YOUR OBJECTIVE:
When you reach the line containing "pub events : List FindingEvent" in the entries below, begin reproducing lines exactly, and stop once the line containing "raise_if_before f.updated_at f.created_at" is done.

Saved data entries:

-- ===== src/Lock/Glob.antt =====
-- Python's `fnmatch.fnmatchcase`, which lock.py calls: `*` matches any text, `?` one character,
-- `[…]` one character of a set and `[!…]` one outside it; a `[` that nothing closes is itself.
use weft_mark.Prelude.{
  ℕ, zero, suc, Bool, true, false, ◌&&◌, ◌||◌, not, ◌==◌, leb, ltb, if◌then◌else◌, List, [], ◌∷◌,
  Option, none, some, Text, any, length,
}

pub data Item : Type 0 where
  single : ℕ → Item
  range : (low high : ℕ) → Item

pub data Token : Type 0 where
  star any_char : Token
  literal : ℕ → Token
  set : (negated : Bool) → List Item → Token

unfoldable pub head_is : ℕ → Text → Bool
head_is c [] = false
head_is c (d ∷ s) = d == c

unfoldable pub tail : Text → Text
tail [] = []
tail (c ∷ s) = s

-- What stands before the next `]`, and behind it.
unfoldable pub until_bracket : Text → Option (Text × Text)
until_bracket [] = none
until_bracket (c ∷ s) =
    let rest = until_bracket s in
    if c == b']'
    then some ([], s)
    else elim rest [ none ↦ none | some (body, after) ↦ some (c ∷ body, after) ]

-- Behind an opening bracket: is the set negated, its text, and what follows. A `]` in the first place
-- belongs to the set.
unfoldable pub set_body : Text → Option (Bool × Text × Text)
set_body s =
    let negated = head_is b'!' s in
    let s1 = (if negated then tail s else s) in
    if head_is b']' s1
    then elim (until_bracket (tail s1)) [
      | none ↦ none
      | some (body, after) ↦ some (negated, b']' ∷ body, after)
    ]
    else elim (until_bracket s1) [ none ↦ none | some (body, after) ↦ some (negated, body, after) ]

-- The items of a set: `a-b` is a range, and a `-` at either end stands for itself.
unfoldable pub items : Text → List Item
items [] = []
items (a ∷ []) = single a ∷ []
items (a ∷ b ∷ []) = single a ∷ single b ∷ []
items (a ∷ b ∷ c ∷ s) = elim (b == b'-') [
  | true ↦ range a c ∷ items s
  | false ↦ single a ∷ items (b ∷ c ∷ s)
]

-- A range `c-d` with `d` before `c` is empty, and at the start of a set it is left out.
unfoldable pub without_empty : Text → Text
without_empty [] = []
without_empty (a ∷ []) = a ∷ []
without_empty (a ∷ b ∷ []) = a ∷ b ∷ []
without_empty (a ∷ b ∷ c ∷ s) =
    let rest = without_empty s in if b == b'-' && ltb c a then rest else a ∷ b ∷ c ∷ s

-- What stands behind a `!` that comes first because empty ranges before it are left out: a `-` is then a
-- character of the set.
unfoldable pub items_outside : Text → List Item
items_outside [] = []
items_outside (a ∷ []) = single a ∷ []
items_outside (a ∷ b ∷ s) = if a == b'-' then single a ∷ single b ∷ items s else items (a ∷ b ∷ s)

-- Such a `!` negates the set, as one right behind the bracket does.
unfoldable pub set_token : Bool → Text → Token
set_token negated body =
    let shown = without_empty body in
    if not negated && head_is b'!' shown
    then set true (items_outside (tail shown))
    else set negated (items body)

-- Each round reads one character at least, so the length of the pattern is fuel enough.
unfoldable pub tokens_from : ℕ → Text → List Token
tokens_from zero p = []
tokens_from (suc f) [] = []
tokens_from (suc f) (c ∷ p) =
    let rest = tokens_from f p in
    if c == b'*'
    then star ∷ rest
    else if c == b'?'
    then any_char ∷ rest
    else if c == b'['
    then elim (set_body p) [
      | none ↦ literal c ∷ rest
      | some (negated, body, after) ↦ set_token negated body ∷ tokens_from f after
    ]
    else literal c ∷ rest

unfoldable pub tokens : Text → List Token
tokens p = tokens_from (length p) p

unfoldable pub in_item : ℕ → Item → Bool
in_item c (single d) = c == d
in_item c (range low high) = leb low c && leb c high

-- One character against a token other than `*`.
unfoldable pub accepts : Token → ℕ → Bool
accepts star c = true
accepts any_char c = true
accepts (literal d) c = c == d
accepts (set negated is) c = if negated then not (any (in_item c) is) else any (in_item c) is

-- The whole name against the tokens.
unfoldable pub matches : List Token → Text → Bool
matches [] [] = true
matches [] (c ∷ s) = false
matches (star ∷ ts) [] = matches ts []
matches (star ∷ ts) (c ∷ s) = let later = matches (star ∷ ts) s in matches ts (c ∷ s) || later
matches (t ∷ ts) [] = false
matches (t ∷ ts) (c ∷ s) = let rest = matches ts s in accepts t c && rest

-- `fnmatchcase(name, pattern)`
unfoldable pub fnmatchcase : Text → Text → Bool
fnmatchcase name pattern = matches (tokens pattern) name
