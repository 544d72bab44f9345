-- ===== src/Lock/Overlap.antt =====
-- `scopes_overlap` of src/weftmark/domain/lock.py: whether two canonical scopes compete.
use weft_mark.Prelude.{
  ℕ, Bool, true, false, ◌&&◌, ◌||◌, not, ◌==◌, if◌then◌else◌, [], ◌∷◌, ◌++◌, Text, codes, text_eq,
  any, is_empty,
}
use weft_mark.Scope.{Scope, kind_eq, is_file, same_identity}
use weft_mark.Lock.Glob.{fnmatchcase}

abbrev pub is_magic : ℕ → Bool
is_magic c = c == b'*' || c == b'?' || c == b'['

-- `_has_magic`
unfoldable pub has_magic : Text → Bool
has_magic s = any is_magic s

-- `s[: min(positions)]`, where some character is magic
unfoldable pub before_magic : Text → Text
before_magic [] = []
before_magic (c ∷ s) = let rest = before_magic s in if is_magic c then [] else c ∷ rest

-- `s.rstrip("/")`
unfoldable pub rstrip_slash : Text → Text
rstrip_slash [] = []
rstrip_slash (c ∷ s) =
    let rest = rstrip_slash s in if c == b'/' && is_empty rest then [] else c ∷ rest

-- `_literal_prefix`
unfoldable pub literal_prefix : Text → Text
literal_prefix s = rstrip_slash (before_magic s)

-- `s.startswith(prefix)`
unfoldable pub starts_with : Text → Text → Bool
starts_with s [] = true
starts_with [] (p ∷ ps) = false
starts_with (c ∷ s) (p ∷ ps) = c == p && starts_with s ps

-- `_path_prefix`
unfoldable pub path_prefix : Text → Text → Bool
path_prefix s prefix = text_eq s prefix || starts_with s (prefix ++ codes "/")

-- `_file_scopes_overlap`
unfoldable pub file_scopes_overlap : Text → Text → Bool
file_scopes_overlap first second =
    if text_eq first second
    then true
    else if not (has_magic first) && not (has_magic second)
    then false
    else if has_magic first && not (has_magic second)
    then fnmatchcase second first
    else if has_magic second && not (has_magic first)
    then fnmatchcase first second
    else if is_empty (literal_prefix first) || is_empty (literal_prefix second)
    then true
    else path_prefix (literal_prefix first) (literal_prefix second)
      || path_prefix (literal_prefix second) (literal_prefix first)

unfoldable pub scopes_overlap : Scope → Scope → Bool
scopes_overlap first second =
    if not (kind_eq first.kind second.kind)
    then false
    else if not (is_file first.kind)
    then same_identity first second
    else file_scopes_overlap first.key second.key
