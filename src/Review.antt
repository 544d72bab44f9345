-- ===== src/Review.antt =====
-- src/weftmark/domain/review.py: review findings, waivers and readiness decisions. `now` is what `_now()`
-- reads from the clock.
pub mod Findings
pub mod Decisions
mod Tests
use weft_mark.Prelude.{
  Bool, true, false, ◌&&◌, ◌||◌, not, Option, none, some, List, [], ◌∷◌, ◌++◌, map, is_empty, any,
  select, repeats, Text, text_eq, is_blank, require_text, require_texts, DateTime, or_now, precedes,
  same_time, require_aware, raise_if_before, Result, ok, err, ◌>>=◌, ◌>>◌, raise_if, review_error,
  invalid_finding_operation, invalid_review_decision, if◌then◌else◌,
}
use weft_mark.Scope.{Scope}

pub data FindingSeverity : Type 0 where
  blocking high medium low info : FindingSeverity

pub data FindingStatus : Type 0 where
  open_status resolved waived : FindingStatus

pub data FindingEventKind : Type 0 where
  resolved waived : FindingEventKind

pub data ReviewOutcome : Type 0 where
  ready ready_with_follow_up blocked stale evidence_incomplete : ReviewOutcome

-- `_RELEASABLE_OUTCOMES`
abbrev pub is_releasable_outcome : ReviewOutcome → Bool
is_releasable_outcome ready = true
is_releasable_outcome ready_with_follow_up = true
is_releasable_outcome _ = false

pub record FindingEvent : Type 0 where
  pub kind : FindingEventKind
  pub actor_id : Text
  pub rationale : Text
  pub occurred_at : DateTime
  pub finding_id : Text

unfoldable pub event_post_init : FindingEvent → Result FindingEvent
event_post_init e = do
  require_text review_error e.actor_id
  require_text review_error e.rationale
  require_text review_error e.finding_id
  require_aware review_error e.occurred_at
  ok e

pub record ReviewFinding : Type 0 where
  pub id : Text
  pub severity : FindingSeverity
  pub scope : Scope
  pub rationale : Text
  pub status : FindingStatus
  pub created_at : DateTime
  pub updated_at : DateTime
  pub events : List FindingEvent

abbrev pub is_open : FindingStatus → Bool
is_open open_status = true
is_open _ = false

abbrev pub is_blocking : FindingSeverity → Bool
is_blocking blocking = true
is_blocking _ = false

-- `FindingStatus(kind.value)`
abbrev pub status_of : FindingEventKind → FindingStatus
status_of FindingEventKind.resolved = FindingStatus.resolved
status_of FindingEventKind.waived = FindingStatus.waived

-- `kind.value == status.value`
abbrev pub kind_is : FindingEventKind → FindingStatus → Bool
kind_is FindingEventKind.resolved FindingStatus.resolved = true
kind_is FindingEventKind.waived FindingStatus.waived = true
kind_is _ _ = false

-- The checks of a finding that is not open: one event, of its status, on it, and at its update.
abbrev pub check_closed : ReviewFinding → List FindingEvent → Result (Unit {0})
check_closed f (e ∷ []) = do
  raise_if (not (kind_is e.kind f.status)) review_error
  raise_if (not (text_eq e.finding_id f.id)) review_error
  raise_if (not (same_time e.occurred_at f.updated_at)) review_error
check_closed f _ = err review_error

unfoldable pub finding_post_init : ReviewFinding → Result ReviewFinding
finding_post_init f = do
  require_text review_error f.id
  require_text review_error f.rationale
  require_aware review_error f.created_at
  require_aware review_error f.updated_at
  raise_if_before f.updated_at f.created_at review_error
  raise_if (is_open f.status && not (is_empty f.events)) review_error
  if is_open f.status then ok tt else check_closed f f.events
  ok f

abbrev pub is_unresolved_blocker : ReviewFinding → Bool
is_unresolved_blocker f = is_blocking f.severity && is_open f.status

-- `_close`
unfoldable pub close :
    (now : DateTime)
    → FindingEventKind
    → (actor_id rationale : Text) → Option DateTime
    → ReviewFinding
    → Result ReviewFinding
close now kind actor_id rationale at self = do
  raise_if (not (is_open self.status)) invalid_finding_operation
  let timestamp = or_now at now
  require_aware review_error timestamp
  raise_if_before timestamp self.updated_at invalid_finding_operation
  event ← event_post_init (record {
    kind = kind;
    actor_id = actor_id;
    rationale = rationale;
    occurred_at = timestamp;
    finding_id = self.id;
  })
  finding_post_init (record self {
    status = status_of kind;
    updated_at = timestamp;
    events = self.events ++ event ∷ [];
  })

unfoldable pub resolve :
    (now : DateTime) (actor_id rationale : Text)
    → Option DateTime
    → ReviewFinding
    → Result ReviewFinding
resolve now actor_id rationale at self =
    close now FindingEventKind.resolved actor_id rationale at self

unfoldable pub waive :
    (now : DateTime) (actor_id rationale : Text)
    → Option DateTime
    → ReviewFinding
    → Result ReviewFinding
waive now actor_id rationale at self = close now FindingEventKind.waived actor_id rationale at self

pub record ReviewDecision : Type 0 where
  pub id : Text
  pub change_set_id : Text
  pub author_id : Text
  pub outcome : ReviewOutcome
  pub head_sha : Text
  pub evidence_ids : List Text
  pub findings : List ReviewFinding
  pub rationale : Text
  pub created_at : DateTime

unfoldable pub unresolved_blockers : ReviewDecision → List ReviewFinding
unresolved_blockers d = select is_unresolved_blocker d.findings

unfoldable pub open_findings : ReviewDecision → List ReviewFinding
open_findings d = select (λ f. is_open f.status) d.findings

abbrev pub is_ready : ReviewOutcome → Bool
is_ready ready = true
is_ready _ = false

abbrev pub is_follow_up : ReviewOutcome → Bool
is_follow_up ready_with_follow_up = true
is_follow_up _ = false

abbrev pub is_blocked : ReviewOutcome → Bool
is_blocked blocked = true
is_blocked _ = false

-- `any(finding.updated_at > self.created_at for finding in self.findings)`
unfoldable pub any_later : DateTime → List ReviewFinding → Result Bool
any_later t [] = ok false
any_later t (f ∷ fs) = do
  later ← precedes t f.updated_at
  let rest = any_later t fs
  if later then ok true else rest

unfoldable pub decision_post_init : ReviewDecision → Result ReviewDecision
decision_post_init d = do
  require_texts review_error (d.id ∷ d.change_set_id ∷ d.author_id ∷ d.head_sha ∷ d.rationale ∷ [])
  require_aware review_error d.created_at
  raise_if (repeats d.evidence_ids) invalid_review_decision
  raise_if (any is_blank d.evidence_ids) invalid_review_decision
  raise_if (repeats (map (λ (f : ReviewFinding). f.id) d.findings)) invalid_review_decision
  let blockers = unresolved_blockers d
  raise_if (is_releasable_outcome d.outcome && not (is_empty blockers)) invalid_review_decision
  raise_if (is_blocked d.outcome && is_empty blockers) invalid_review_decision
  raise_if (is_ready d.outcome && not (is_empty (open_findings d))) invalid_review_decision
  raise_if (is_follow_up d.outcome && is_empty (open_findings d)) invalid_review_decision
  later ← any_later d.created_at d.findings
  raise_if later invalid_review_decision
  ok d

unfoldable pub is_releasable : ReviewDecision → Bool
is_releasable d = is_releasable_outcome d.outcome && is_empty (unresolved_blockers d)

EXERCISE RESPONSE:
  pub events : List FindingEvent

abbrev pub is_open : FindingStatus → Bool
is_open open_status = true
is_open _ = false

abbrev pub is_blocking : FindingSeverity → Bool
is_blocking blocking = true
is_blocking _ = false

-- `FindingStatus(kind.value)`
abbrev pub status_of : FindingEventKind → FindingStatus
status_of FindingEventKind.resolved = FindingStatus.resolved
status_of FindingEventKind.waived = FindingStatus.waived

-- `kind.value == status.value`
abbrev pub kind_is : FindingEventKind → FindingStatus → Bool
kind_is FindingEventKind.resolved FindingStatus.resolved = true
kind_is FindingEventKind.waived FindingStatus.waived = true
kind_is _ _ = false

-- The checks of a finding that is not open: one event, of its status, on it, and at its update.
abbrev pub check_closed : ReviewFinding → List FindingEvent → Result (Unit {0})
check_closed f (e ∷ []) = do
  raise_if (not (kind_is e.kind f.status)) review_error
  raise_if (not (text_eq e.finding_id f.id)) review_error
  raise_if (not (same_time e.occurred_at f.updated_at)) review_error
check_closed f _ = err review_error

unfoldable pub finding_post_init : ReviewFinding → Result ReviewFinding
finding_post_init f = do
  require_text review_error f.id
  require_text review_error f.rationale
  require_aware review_error f.created_at
  require_aware review_error f.updated_at
  raise_if_before f.updated_at f.created_at review_error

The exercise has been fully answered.